Venezuelan racing driver (born 2006)

Alex Popow Jr. (born January 2006) is a Venezuelan and American racing driver competing in the NACAM Formula 4 Championship for Alessandros Blue. He previously raced in the 2025 Formula 4 United States Championship, finishing runner-up in points.

==Personal life==
Popow is the son of Lu-Ann Acosta-Rubio and sportscar veteran Alex Popow.

==Career==
=== Karting and maiden title in single-seaters (2013–2024) ===
Popow began karting in 2013. In his first stint in karts, Popow raced in the United States, in which he also drove in the 24 Hours of Orlando alongside his father, but was forced to take a hiatus from karting in 2018 after two separate incidents in which he broke his collarbone. After delaying his return to racing due to the COVID-19 pandemic, Popow returned to karting in 2021 and stayed in it until 2022, when he made his single-seater debut in Formula Inter's exhibition round.

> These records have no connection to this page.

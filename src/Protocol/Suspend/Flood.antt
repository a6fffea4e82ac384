-- ===== src/Protocol/Suspend/Flood.antt =====
-- The flood coolant over a pass of `protocol_exec_rt_system` of protocol.c: at the door and asleep its
-- toggle is not accepted.
use g_carvin.Base.{
  ℕ, Bool, false, ◌≡◌, sym, ap, ◌∙◌, arith, if_ind, if_cases, ◌&&◌, inl, inr, Bool-cases, List,
  some, none, Option,
}
use mathlib.Core.Path.{subst}
use g_carvin.System.{Machine, ExecState, StepControl}
use g_carvin.System.Flags.{
  system_clear_exec_state_flag, system_clear_exec_motion_overrides,
  system_clear_exec_accessory_overrides,
}
use g_carvin.MotionControl.{coolant_stop}
use g_carvin.Protocol.Alarm.{Interrupt}
use g_carvin.Protocol.Hold.{
  begin_hold, hold_when_idle, motion_cancel, feed_hold, restart_retract, enter_door, set_ajar,
  door_event, sleep_event, hold_events, hold_block,
}
use g_carvin.Protocol.Cycle.{
  start_at_door, resume, start_or_restore, start_block, complete_hold, flush_jog, end_motion,
  stop_block,
}
use g_carvin.Protocol.Override.{
  set_motion_overrides, motion_override_block, set_spindle_override, toggle_spindle_stop,
  coolant_set_state, accepts_coolant, toggle_coolant, accessory_override_block,
}
use g_carvin.Protocol.Realtime.{
  count_report, status_block, prep_block, state_blocks, override_blocks, protocol_exec_rt_system,
}
use g_carvin.Protocol.Realtime.Interlock.{
  pass_lem, SameState-trans, clear_accessory-same, set_spindle_override-same,
  toggle_spindle_stop-same, motion_override_block-same,
}
use g_carvin.Protocol.Suspend.Locked.{IsLocked, same-IsLocked, state_blocks-IsLocked, reset_lem}

-- The flood coolant is off.
pub record IsDry (m : Machine) : Type 0 where
  pub dry : m.flood_pin ≡ false

clear-IsDry : (e : ExecState) (m : Machine) → IsDry m → IsDry (system_clear_exec_state_flag e m)
unfolding system_clear_exec_state_flag
clear-IsDry e m d = ground arith

status_block-IsDry : (rt : ExecState) (m : Machine) → IsDry m → IsDry (status_block rt m)
unfolding status_block system_clear_exec_state_flag count_report
status_block-IsDry rt m d = ground arith

begin_hold-IsDry : (rt : ExecState) (m : Machine) → IsDry m → IsDry (begin_hold rt m)
unfolding begin_hold
begin_hold-IsDry rt m d = ground arith

hold_when_idle-IsDry : (m : Machine) → IsDry m → IsDry (hold_when_idle m)
unfolding hold_when_idle
hold_when_idle-IsDry m d = ground arith

motion_cancel-IsDry : (rt : ExecState) (m : Machine) → IsDry m → IsDry (motion_cancel rt m)
unfolding motion_cancel
motion_cancel-IsDry rt m d = ground arith

feed_hold-IsDry : (rt : ExecState) (m : Machine) → IsDry m → IsDry (feed_hold rt m)
unfolding feed_hold
feed_hold-IsDry rt m d = ground arith

door_event-IsDry : (rt : ExecState) (m : Machine) → IsDry m → IsDry (door_event rt m)
unfolding door_event set_ajar enter_door restart_retract
door_event-IsDry rt m d = ground arith

sleep_event-IsDry : (rt : ExecState) (m : Machine) → IsDry m → IsDry (sleep_event rt m)
unfolding sleep_event
sleep_event-IsDry rt m d = ground arith

hold_block-IsDry : (rt : ExecState) (m : Machine) → IsDry m → IsDry (hold_block rt m)
unfolding hold_block hold_events
hold_block-IsDry rt m d =
    if_ind IsDry _
      (clear-IsDry _ _ (
        sleep_event-IsDry rt _ (
          if_ind IsDry _ d (
            door_event-IsDry rt _ (
              feed_hold-IsDry rt _
                (motion_cancel-IsDry rt _ (hold_when_idle-IsDry _ (begin_hold-IsDry rt m d))))))))
      d

start_at_door-IsDry : (m : Machine) → IsDry m → IsDry (start_at_door m)
unfolding start_at_door
start_at_door-IsDry m d = ground arith

start_or_restore-IsDry :
    (prep : Machine → StepControl) (m : Machine) → IsDry m → IsDry (start_or_restore prep m)
unfolding start_or_restore resume
start_or_restore-IsDry prep m d = ground arith

start_block-IsDry :
    (prep : Machine → StepControl) (rt : ExecState) (m : Machine)
    → IsDry m
    → IsDry (start_block prep rt m)
unfolding start_block
start_block-IsDry prep rt m d =
    if_ind IsDry _
      (clear-IsDry _ _ (if_ind IsDry _ d (start_or_restore-IsDry prep _ (start_at_door-IsDry m d))))
      d

end_motion-IsDry : (m : Machine) → IsDry m → IsDry (end_motion (flush_jog m))
unfolding end_motion flush_jog
end_motion-IsDry m d = ground arith

complete_hold-IsDry : (m : Machine) → IsDry m → IsDry (complete_hold m)
unfolding complete_hold
complete_hold-IsDry m d = ground arith

stop_block-IsDry : (rt : ExecState) (m : Machine) → IsDry m → IsDry (stop_block rt m)
unfolding stop_block
stop_block-IsDry rt m d =
    if_ind IsDry rt.cycle_stop
      (clear-IsDry _ _ (if_ind IsDry _ (complete_hold-IsDry m d) (end_motion-IsDry m d))) d

pub coolant_set_state-IsDry : (m : Machine) → IsDry m → IsDry (coolant_set_state false m)
unfolding coolant_set_state coolant_stop
coolant_set_state-IsDry m d = ground arith

motion_override_block-IsDry : (m : Machine) → IsDry m → IsDry (motion_override_block m)
unfolding motion_override_block set_motion_overrides system_clear_exec_motion_overrides
motion_override_block-IsDry m d = ground arith

set_spindle_override-IsDry : (o : ℕ) (m : Machine) → IsDry m → IsDry (set_spindle_override o m)
unfolding set_spindle_override
set_spindle_override-IsDry o m d = ground arith

toggle_spindle_stop-IsDry : (s : Bool) (m : Machine) → IsDry m → IsDry (toggle_spindle_stop s m)
unfolding toggle_spindle_stop
toggle_spindle_stop-IsDry s m d = ground arith

clear_accessory-IsDry : (m : Machine) → IsDry m → IsDry (system_clear_exec_accessory_overrides m)
unfolding system_clear_exec_accessory_overrides
clear_accessory-IsDry m d = ground arith

-- A locked machine is at the door or asleep.
locked-refuses : (m : Machine) → IsLocked m → accepts_coolant m.state ≡ false
locked-refuses m l = let stopped = l.parked.stopped in ground arith

toggle_coolant-IsDry :
    (asked : Bool) (m : Machine) → IsLocked m → IsDry m → IsDry (toggle_coolant asked m)
unfolding toggle_coolant
toggle_coolant-IsDry asked m l d =
    let refuses = locked-refuses m l in
    if_cases IsDry (asked && accepts_coolant m.state) (λ e. absurd (ground arith)) (λ _. d)

accessory_override_block-IsDry :
    (m : Machine) → IsLocked m → IsDry m → IsDry (accessory_override_block m)
unfolding accessory_override_block
accessory_override_block-IsDry m l d =
    if_ind IsDry _
      (toggle_coolant-IsDry _ _
        (same-IsLocked
          (SameState-trans (clear_accessory-same m)
            (SameState-trans (set_spindle_override-same _ _) (toggle_spindle_stop-same _ _)))
          l)
        (toggle_spindle_stop-IsDry _ _
          (set_spindle_override-IsDry _ _ (clear_accessory-IsDry m d))))
      d

-- The machine that a pass leaves.
abbrev left_by : Machine → Option Machine → Machine
left_by m none = m
left_by m (some n) = n

module _ (prep : Machine → StepControl) where
  prep_block-IsDry : (m : Machine) → IsDry m → IsDry (prep_block prep m)
  unfolding prep_block
  prep_block-IsDry m d = ground arith

  override_blocks-IsDry : (m : Machine) → IsLocked m → IsDry m → IsDry (override_blocks prep m)
  unfolding override_blocks
  override_blocks-IsDry m l d = prep_block-IsDry _ (
      accessory_override_block-IsDry _ (same-IsLocked (motion_override_block-same m) l)
        (motion_override_block-IsDry m d))

  state_blocks-IsDry : (rt : ExecState) (m : Machine) → IsDry m → IsDry (state_blocks prep rt m)
  unfolding state_blocks
  state_blocks-IsDry rt m d =
      stop_block-IsDry rt _
        (start_block-IsDry prep rt _ (hold_block-IsDry rt _ (status_block-IsDry rt m d)))

  -- A pass of the executor does not turn the flood coolant on while the machine is locked.
  pub IsDry-stays :
      (arrivals : List Interrupt) (m n : Machine)
      → m.exec_alarm ≡ 0
      → IsLocked m
      → protocol_exec_rt_system prep arrivals m ≡ some n
      → IsDry m
      → IsDry n
  IsDry-stays arrivals m n a l e d = elim (Bool-cases m.exec_state.reset) [
    | inl r ↦
        subst IsDry (ap (left_by m) (sym (reset_lem prep arrivals m a r) ∙ e))
          (record { dry = d.dry })
    | inr r ↦ subst IsDry (ap (left_by m) (sym (pass_lem prep arrivals m a r) ∙ e)) (
        override_blocks-IsDry _ (state_blocks-IsLocked prep _ m l)
          (state_blocks-IsDry m.exec_state m d))
  ]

Remaining in Formula Inter for the following year, Popow scored seven wins in the series' only season to take the title in early September. Popow then tested USF Juniors machinery for Exclusive Autosport at Sebring and Indianapolis later that year, before making his series debut the following year for Zanella Racing. After finishing no higher than 17th at NOLA, Popow left the series before returning to racing in the final round of the Formula 4 United States season at Circuit of the Americas for MLT Motorsports. In his first round in the series, Popow took pole and won the first two races of the weekend before finishing fourth in race three.

===First full season in Formula 4 United States and NACAM F4 cameos (2025–) ===
Despite testing USF Juniors machinery in late 2024, Popow remained with MLT Motorsports to drive in the Formula 4 United States Championship, after receiving support from the PMH Powering Diversity Scholarship. In the first round of the season at NOLA, finished third in race one before winning the final two races of the weekend to take an early lead in the standings. Popow then took pole at Road America, but was only able to convert it to a best result of fifth all weekend as he dropped to third in points. At Mid-Ohio, Popow finished second in both races to retain third in the standings, before taking pole at New Jersey Motorsports Park but once again was not able to convert it into a win, as he retired in race one and finished fourth in race two. In the series' only trip abroad at Canadian Tire Motorsport Park, Popow finished second in the first two races and ending the weekend by taking third. In the following round at Virginia International Raceway, Popow continued his podium streak as he finished second in both races, before ending the year with a double win at Barber to secure runner-up honors. During 2025, Popow also partook in the second and sixth rounds of the NACAM Formula 4 Championship for Alessandros Blue at Autódromo Hermanos Rodríguez. In the former, Popow scored his best result of the season by finishing second in race three.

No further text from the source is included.